Next, sequence examination was used to determine the nature and location of the _S_-nitrosylation of Syntaxin 4. Syntaxin 4 contained only two cysteine residues, existing in the third of the three N-terminal coiled-coil domains, designated Hc, and the other in the transmembrane spanning domain at the far C terminus (Fig. 2A). Situated within the Hc domain of Syntaxin 4, Cys141 had characteristic features of an _S_-nitrosylation site, with a lysine residue at the −1 site and both acidic and basic residues in close proximity (33, 34). Alignment against other known plasma membrane-localized Syntaxin isoforms expressed in the β-cell revealed only Syntaxin 4 to contain a cysteine at this site, although Syntaxin 1A/1B did contain a cysteine residue within the Hc domain; the flanking residues differ slightly yet retain the identified characteristics of a potential _S_-nitrosylation site (35). Comparative analysis of the putative structure of Syntaxin 4 revealed that an _S_-nitrosylation modification of the cysteine sulfhydryl chain could potentially affect the closed conformation, as the modification resides squarely in the middle of this 4-helical bundle (Fig. 2B, red ball). Furthermore, rather than altering direct interactions with the other α-helices, which are positionally juxtaposed to Hc, the modification was predicted to change the interaction of Cys141 with other residues within the Hc α-helix, namely Gln145 (Fig. 2C). This led us to speculate that this modification may alter the ability of Hc to closely associate with the H3 (“SNARE”) domain by virtue of a “frameshift” within the Hc helix.

FIGURE 2.

FIGURE 2.

Mapping and structural analysis of _S_-nitrosylation of Syntaxin 4. A, the amino acid sequence alignment of the known plasma membrane-localized Syntaxin isoforms expressed in pancreatic β-cells specifically within the Hc region of each protein. Syntaxin 4 contains two cysteine residues (Cys141 and Cys279, the latter of which is positioned within the putative transmembrane domain); red and blue boxed regions denote locations of Hc domain cysteines present in Syntaxin 4 and Syntaxin 1A/1B, respectively. B, predicted three-dimensional structure of the 4-helical bundle of Syntaxin 4 (4) showing the location of _S_-nitrosylated Cys141 (red ball) in the vertical (left) and horizontal (right) planes. C, predicted alteration of intramolecular interactions following _S_-nitrosylation of Cys141 within Syntaxin 4. _S_-Nitrosylation at Cys141 results in an additional potential interaction with Gln145.

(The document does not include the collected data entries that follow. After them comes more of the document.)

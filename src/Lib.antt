-- ===== src/Lib.antt =====
-- Docs++, a distributed file system: one Name Server, Storage Servers and clients.
--
-- A client registers with the Name Server and sends it commands, one line each. The Name Server
-- keeps the metadata: files with their owners and access lists, users, and Storage Servers. It
-- answers some commands itself, sends others on to the Storage Server that holds the file, and
-- redirects reads, writes and streams, which the client then makes at the Storage Server. A Storage
-- Server edits files by sentences and words and keeps one backup for each file.
--
-- Which module models what (paths from the root of the repository):
--
--   Base       what the code uses of C: how a run ends (a value, undefined behaviour, or waiting for
--              ever), strings with the sizes of their buffers, strtok, atoi, strstr; and lemmas.
--   Table      src/name_server/hash_table.h. `HashTable` is a function from indices to chains.
--   Cache      src/name_server/CRWD.c: the LRU cache. Nodes stand in a heap by address, so that every
--              assignment to a pointer of detach_node, attach_node, lru_get and lru_put is one step.
--     Ideal      the specification: a list of names and files in order of use
--     Order, Detach, Attach, Keys, Shape, Uses, Recall, Refine
--                when linked nodes stand for such a list, and how the operations keep that
--   Server     src/name_server/types.h: the structs, and the state of the Name Server, `NameServer`. A
--              `FileMetadata *` is an address in `files`; a freed struct is absent there.
--     Find       find_file, check_permission, find_user
--     Reply      src/error_codes.h and the texts of replies
--     Exchange   connect_and_send_to_ss
--     Save, Restore   save_metadata, load_metadata
--     Access, Folder, Create, Redirect, Delete, Version, Meta, Script, Requests, Annotate
--                the handlers of src/name_server/CRWD.c
--     Listing    handle_info, and handle_list_users and handle_view of src/name_server/name_server.c
--     Register   register_user, register_storage_server
--     Sound      when the list of files, the table and the cache agree and nothing dangles; one module
--                for each kind of handler
--     Example    a server for the examples
--   Session    handle_connection of src/name_server/name_server.c: what a connection's first line and
--              its later lines do
--     Keeps, Reach   the states that a Name Server can reach
--   Log        src/logger.h: the line that log_message prints
--   Client     src/client/user_client.c: what a line that the user types becomes
--     Main       the start of main and the rounds of its loop
--     Reply      handle_ns_command
--     Direct     src/client/client_SS_helper_functions.c
--     Verbs, Commands, Follow, Whole, Marker
--                lemmas on what passes between the client and the servers
--   Storage    src/storage_server/storage_server.c
--     Fs         the calls of the file system, on paths
--     Sentence   get_safe_path, get_nth_sentence, and how commit_changes rewrites a sentence
--     Commit     commit_changes, ensure_directory_exists, copy_file
--     Serve      handle_ss_connection, one function for each command
--       Race       two threads between whose calls of strtok the position is shared
--     Register   register_with_name_server
--   System     the client, the Name Server and a Storage Server together: registering, reading,
--              deleting, checkpoints and reverts
--
-- A handler is a function from the state to a run: its reply and the new state, a fault (a NULL, wild
-- or freed pointer is followed, or a buffer is overrun), or blocked in recv. Critical sections are
-- atomic; where a handler releases data_mutex and takes it again, what other threads do in between is
-- the parameter `others` of `World`. The other parameters of `World` are the time, what malloc finds
-- in new memory, whether malloc succeeds where the code asks, the peers at the other end of
-- connections, and the shell.
--
-- Fuel: the loops over tokens and lines run on the length of their text, and each round takes a byte
-- at least, so that the fuel does not run out before the text. The other loops follow their lists.
--
-- Not modelled: sockets, threads and the loops that accept connections (what the calls return is a
-- parameter); the calls of the logger, which change no state; malloc's failure where the code does not
-- ask; that the threads of a server share the position of strtok, but in Storage/Serve/Race: everywhere
-- else the tokens of a command are taken without another thread in between. A path is not resolved:
-- `.`, `..` and links in the file system are plain names. Strings and the contents of files have no NUL,
-- and an annotation that malloc left uninitialised is some string. Only what one recv takes of a
-- message is looked at: 1023 bytes at the Name Server.
mod Base
pub mod Table
pub mod Cache
pub mod Server
pub mod Session
pub mod Log
pub mod Client
pub mod Storage
pub mod System
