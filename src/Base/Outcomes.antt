-- ===== src/Base/Outcomes.antt =====
-- How a run of C code ends: with a value, in undefined behaviour, or blocked for ever.
use mathlib.Core.Logic.{◌⊎◌, inl, inr}
use mathlib.Core.Path.{◌≡◌, refl}

-- A NULL pointer or an uninitialised pointer is followed, freed memory is read, or a string is
-- written past the end of its buffer.
pub data Fault : Type 0 where
  null_pointer wild_pointer use_after_free buffer_overflow : Fault

-- `blocked`: the thread waits in `recv` for bytes that never come.
pub data Run {ℓ} (A : Type ℓ) : Type ℓ where
  ok : A → Run A
  fault : Fault → Run A
  blocked : Run A

module _ {ℓ κ} {A : Type ℓ} {B : Type κ} where
  abbrev pub and_then : Run A → (A → Run B) → Run B
  and_then (ok a) f = f a
  and_then (fault e) f = fault e
  and_then blocked f = blocked

module _ {ℓ κ} {A : Type ℓ} {B : Type κ} where
  pub and_then-eq-ok :
      (r : Run A) (f : A → Run B) {b : B}
      → and_then r f ≡ ok b
      → (a : A) × (r ≡ ok a) × (f a ≡ ok b)
  and_then-eq-ok (ok a) f h = (a, refl, h)
  and_then-eq-ok (fault e) f h = cc
  and_then-eq-ok blocked f h = cc

pub Run-cases {ℓ} :
    {A : Type ℓ} (r : Run A)
    → ((a : A) × (r ≡ ok a)) ⊎ (((e : Fault) × (r ≡ fault e)) ⊎ (r ≡ blocked))
Run-cases (ok a) = inl (a, refl)
Run-cases (fault e) = inr (inl (e, refl))
Run-cases blocked = inr (inr refl)

-- Code that changes a state `S`.
abbrev pub Exec {ℓ} : Type ℓ → Type ℓ → Type ℓ
Exec S A = S → Run (A × S)

module _ {ℓ} {S A B : Type ℓ} where
  infixl 5 ◌>>=◌ ◌>>◌
  abbrev pub ◌>>=◌ : Exec S A → (A → Exec S B) → Exec S B
  ◌>>=◌ m f s = elim (m s) [ ok (a, s') ↦ f a s' | fault e ↦ fault e | blocked ↦ blocked ]

  abbrev pub ◌>>◌ : Exec S A → Exec S B → Exec S B
  m >> k = m >>= λ _. k

  -- A chain that returns has a first part that returns.
  pub bind-eq-ok :
      (m : Exec S A) (k : A → Exec S B) (s : S) {b : B × S}
      → (m >>= k) s ≡ ok b
      → (x : A × S) × (m s ≡ ok x) × (k x.0 x.1 ≡ ok b)
  bind-eq-ok m k s {b} = after (m s)
    where
      after :
          (r : Run (A × S))
          → elim r as (λ r. Run (B × S)) [
            | ok (a, s') ↦ k a s'
            | fault e ↦ fault e
            | blocked ↦ blocked
          ]
            ≡ ok b
          → (x : A × S) × (r ≡ ok x) × (k x.0 x.1 ≡ ok b)
      after (ok x) h = (x, refl, h)
      after (fault e) h = cc
      after blocked h = cc

module _ {ℓ} {S A : Type ℓ} where
  abbrev pub pure : A → Exec S A
  pure a s = ok (a, s)

  abbrev pub raise : Fault → Exec S A
  raise e s = fault e

  abbrev pub lift : Run A → Exec S A
  lift (ok a) s = ok (a, s)
  lift (fault e) s = fault e
  lift blocked s = blocked

  abbrev pub gets : (S → A) → Exec S A
  gets f s = ok (f s, s)

abbrev pub modify {ℓ} : {S : Type ℓ} → (S → S) → Exec S Unit
modify f s = ok (tt, f s)

-- A second part that changes nothing wherever the first returns may be left out.
pub bind-idle :
    {S : Type 0} (m k : Exec S (Unit {0})) (s : S)
    → ((t : S) → m s ≡ ok (tt, t) → k t ≡ ok (tt, t))
    → (m >> k) s ≡ m s
bind-idle {S = S} m k s idle = after (m s) idle
  where
    after :
        (r : Run (Unit {0} × S))
        → ((t : S) → r ≡ ok (tt, t) → k t ≡ ok (tt, t))
        → elim r as (λ r. Run (Unit {0} × S)) [
          | ok (a, s') ↦ k s'
          | fault e ↦ fault e
          | blocked ↦ blocked
        ]
          ≡ r
    after (ok (u, t)) idle = idle t refl
    after (fault e) idle = refl
    after blocked idle = refl
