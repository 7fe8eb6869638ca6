-- ===== src/Base/Strings.antt =====
-- C strings as the list of their bytes, without the final NUL, and the functions of string.h that
-- the program calls.
use Prim.Native.Nat.{ℕ, zero, suc, ◌+◌, ◌-◌}
use Prim.Native.Char.{code}
use Prim.Native.String.{String}
use mathlib.Core.Path.{◌≡◌, refl}
use mathlib.Core.Logic.{◌↔◌}
use mathlib.Core.Bool.{Bool, true, false, ◌&&◌, ◌||◌}
use mathlib.Core.Option.{Option, none, some}
use mathlib.Core.List.{List, [], ◌∷◌, ◌++◌}
use native.Mathlib.Omega.{arith}
use lang_os_distributed_file.Base.Tests.{ltb, ◌==◌, if◌then◌else◌}
use lang_os_distributed_file.Base.Lists.{length, take, replicate}
use lang_os_distributed_file.Base.Outcomes.{Run, ok, fault, buffer_overflow}

abbrev pub Text : Type 0
Text = List ℕ

-- A string literal.
abbrev pub lit : String → Text
lit String.[] = []
lit (String.◌∷◌ c s) = code c ∷ lit s

-- strcmp(a, b) == 0
unfoldable pub str_eq : Text → Text → Bool
str_eq [] [] = true
str_eq (a ∷ s) (b ∷ t) = a == b && str_eq s t
str_eq _ _ = false

pub str_eq_iff : (s t : Text) → (str_eq s t ≡ true) ↔ (s ≡ t)
unfolding str_eq
str_eq_iff [] [] = ground arith
str_eq_iff [] (b ∷ t) = ground arith
str_eq_iff (a ∷ s) [] = ground arith
str_eq_iff (a ∷ s) (b ∷ t) = ground (arith, str_eq_iff s t)

pub str_eq_refl : (s : Text) → str_eq s s ≡ true
str_eq_refl s = (str_eq_iff s s).1 refl

-- strncmp(s, p, strlen(p)) == 0
unfoldable pub starts_with : Text → Text → Bool
starts_with s [] = true
starts_with [] (b ∷ p) = false
starts_with (a ∷ s) (b ∷ p) = a == b && starts_with s p

-- strstr(s, p): the bytes before the first occurrence of `p`.
unfoldable pub before : Text → Text → Option Text
unfolding starts_with
before p [] = if starts_with [] p then some [] else none
before p (c ∷ s) =
    let rest = before p s in
    if starts_with (c ∷ s) p then some [] else elim rest [ none ↦ none | some b ↦ some (c ∷ b) ]

-- strstr(s, p) != NULL
unfoldable pub contains : Text → Text → Bool
unfolding before
contains s p = elim (before p s) [ none ↦ false | some _ ↦ true ]

-- strcpy into a buffer of `size` bytes: with the NUL it must fit.
unfoldable pub strcpy : ℕ → Text → Run Text
strcpy size s = if ltb (length s) size then ok s else fault buffer_overflow

-- strcat onto the string `buf` in a buffer of `size` bytes.
unfoldable pub strcat : ℕ → Text → Text → Run Text
strcat size buf s = if ltb (length (buf ++ s)) size then ok (buf ++ s) else fault buffer_overflow

-- strncpy(buf, s, n) followed by buf[n] = 0
abbrev pub strncpy : ℕ → Text → Text
strncpy n s = take n s

-- snprintf(buf, size, "%s", s) for size > 0
abbrev pub snprintf : ℕ → Text → Text
snprintf size s = take (size - 1) s

-- `len += snprintf(buf + len, sizeof(buf) - len, "%s", s)`, with the string in the buffer and the
-- number `len`, which counts what was cut off too. Past the size the subtraction wraps.
unfoldable pub snprintf_at : ℕ → Text × ℕ → Text → Run (Text × ℕ)
snprintf_at size (buf, len) s =
    if ltb size len
    then fault buffer_overflow
    else ok (buf ++ take (size - len - 1) s, len + length s)

-- A set of bytes, as `strtok` and `strpbrk` take it.
unfoldable pub member : ℕ → Text → Bool
member c [] = false
member c (d ∷ ds) = c == d || member c ds

unfoldable pub skip_delimiters : Text → Text → Text
unfolding member
skip_delimiters ds [] = []
skip_delimiters ds (c ∷ s) = let rest = skip_delimiters ds s in if member c ds then rest else c ∷ s

-- The bytes before the first delimiter, and those after it.
unfoldable pub split_at : Text → Text → Text × Text
unfolding member
split_at ds [] = ([], [])
split_at ds (c ∷ s) =
    let rest = split_at ds s in if member c ds then ([], s) else (c ∷ rest.0, rest.1)

unfoldable pub token_of : Text × Text → Option Text × Text
token_of ([], rest) = (none, rest)
token_of (c ∷ token, rest) = (some (c ∷ token), rest)

-- strtok(s, ds), or strtok(NULL, ds) where `s` is what the last call left: the token, if there is
-- one, and what the next call with NULL goes on from.
unfoldable pub strtok : Text → Text → Option Text × Text
unfolding skip_delimiters split_at token_of
strtok ds s = token_of (split_at ds (skip_delimiters ds s))

-- fgets with room for `n` bytes, and the newline cut off: the line and what is left of the file.
unfoldable pub fgets : ℕ → Text → Text × Text
fgets zero s = ([], s)
fgets (suc n) [] = ([], [])
fgets (suc n) (c ∷ s) = let rest = fgets n s in if c == 10 then ([], s) else (c ∷ rest.0, rest.1)

-- `%-ns`
unfoldable pub pad_right : ℕ → Text → Text
pad_right n s = s ++ replicate (n - length s) 32

marker_found : before (lit "__END__") (lit "ab__END__\n") ≡ some (lit "ab")
unfolding before
marker_found = refl

tokens : strtok (lit ";\n") (lit ";READ;a.txt\n") ≡ (some (lit "READ"), lit "a.txt\n")
unfolding strtok
tokens = refl

pub str_eq_symm : (s t : Text) → str_eq s t ≡ str_eq t s
str_eq_symm s t = ground (arith, str_eq_iff s t, str_eq_iff t s)

-- A common prefix plays no part in a comparison.
pub str_eq-append : (p s t : Text) → str_eq (p ++ s) (p ++ t) ≡ str_eq s t
unfolding str_eq
str_eq-append [] s t = refl
str_eq-append (c ∷ p) s t = ground (arith, str_eq-append p s t)
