-- ===== src/Base/Numbers.antt =====
-- `int` as an integer, `%d` and `atoi`. The program computes with no `int` but counters, so its
-- range plays no part; `atoi` is undefined past it.
use Prim.Native.Nat.{ℕ, zero, suc, ◌+◌, ◌-◌, ◌*◌, ◌/◌, ◌%◌}
use mathlib.Core.Path.{◌≡◌, refl}
use mathlib.Core.Bool.{Bool, ◌&&◌, ◌||◌}
use mathlib.Core.List.{[], ◌∷◌}
use lang_os_distributed_file.Base.Tests.{ltb, leb, ◌==◌, if◌then◌else◌}
use lang_os_distributed_file.Base.Strings.{Text, lit}

-- `negsuc n` is -(n + 1).
pub data ℤ : Type 0 where
  pos : ℕ → ℤ
  negsuc : ℕ → ℤ

-- -n
abbrev pub negate : ℕ → ℤ
negate zero = pos 0
negate (suc n) = negsuc n

-- a == b on `int`
unfoldable pub int_eq : ℤ → ℤ → Bool
int_eq (pos a) (pos b) = a == b
int_eq (negsuc a) (negsuc b) = a == b
int_eq _ _ = Bool.false

-- The digits of `n` in front of `acc`; `fuel` bounds their number.
unfoldable pub decimal : ℕ → ℕ → Text → Text
decimal zero n acc = acc
decimal (suc fuel) n acc =
    let digit = 48 + n % 10 in
    let rest = decimal fuel (n / 10) (digit ∷ acc) in if ltb n 10 then digit ∷ acc else rest

-- `%d`
unfoldable pub print_int : ℤ → Text
print_int (pos n) = decimal (suc n) n []
print_int (negsuc n) = b'-' ∷ decimal (suc (suc n)) (suc n) []

abbrev pub is_digit : ℕ → Bool
is_digit c = leb 48 c && leb c 57

-- isspace of the C locale
abbrev pub is_space : ℕ → Bool
is_space c = c == 32 || (leb 9 c && leb c 13)

unfoldable pub digits : ℕ → Text → ℕ
digits n [] = n
digits n (c ∷ s) = let rest = digits (n * 10 + (c - 48)) s in if is_digit c then rest else n

unfoldable pub signed : Text → ℤ
signed [] = pos 0
signed (c ∷ s) =
    if c == b'-'
    then negate (digits 0 s)
    else if c == b'+'
    then pos (digits 0 s)
    else pos (digits 0 (c ∷ s))

unfoldable pub skip_space : Text → Text
skip_space [] = []
skip_space (c ∷ s) = let rest = skip_space s in if is_space c then rest else c ∷ s

unfoldable pub atoi : Text → ℤ
atoi s = signed (skip_space s)

print_port : print_int (pos 9001) ≡ lit "9001"
unfolding print_int decimal
print_port = refl

atoi_samples :
    (atoi (lit " 42x") ≡ pos 42) × (atoi (lit "-7") ≡ negsuc 6) × (atoi (lit "x") ≡ pos 0)
unfolding atoi signed digits skip_space
atoi_samples = (refl, refl, refl)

To investigate whether Cys141 sufficed as the specific site of _S_-nitrosylation within Syntaxin 4, we generated WT- and C141S-Syntaxin 4 bacterial expression constructs (lacking the transmembrane domain, ΔTM, to permit solubility in vitro). Under _in vitro S_-nitrosylation conditions, the _S_-nitrosylation of WT- but not C141S-Syntaxin 4-C141S-ΔTM was detected, via immunoblotting with an antibody specific to _S_-nitrosocysteine (Fig. 3A) or by the biotin-switch assay (Fig. 3B). In both cases, we detected _S_-nitrosylation at physiologically relevant levels of NO (36) and in a concentration-dependent manner. Subsequently, we tested full-length constructs of FLAG-tagged Syntaxin 4 transfected into MIN6 cells (Fig. 3C) to investigate the potential for the cysteine of the transmembrane domain to contribute to the nitrosylation signal. In similar fashion as truncated Syntaxin 4 constructs, WT-Syntaxin 4 was _S_-nitrosylated, whereas C141S-Syntaxin 4 was resistant to GSNO-induced nitrosylation, despite equivalent expression in the cell lysates. These data supported the concept that Cys141 served as the specific and sole site of _S_-nitrosylation in Syntaxin 4.

FIGURE 3.

FIGURE 3.

Cys141 is the site of _S_-nitrosylation within Syntaxin 4. Recombinant purified soluble (ΔTM) WT-Syntaxin 4 or C141S-Syntaxin 4 proteins were subjected in vitro to treatment with 0–50 μm GSNO (1 h at 37 °C) for detection of _S_-nitrosylation, by immunoblotting (IB) for protein resolved on 12% SDS-PAGE with anti-S-nitrosocysteine antibody (A) or biotin-switch immunoblot assay (B), as described in the legend to Fig. 1 bar graph shows quantification of three independent studies by optical density scanning, normalized to unstimulated = 1, *, p < 0.05 versus unstimulated. C, biotin-switch assay using lysates prepared from MIN6 cells transiently transfected to express FLAG-tagged full-length WT- or C141S-Syntaxin 4. Lysate immunoblots show equivalent expression of WT- and C141S-Syntaxin 4 proteins in cells, relative to actin content.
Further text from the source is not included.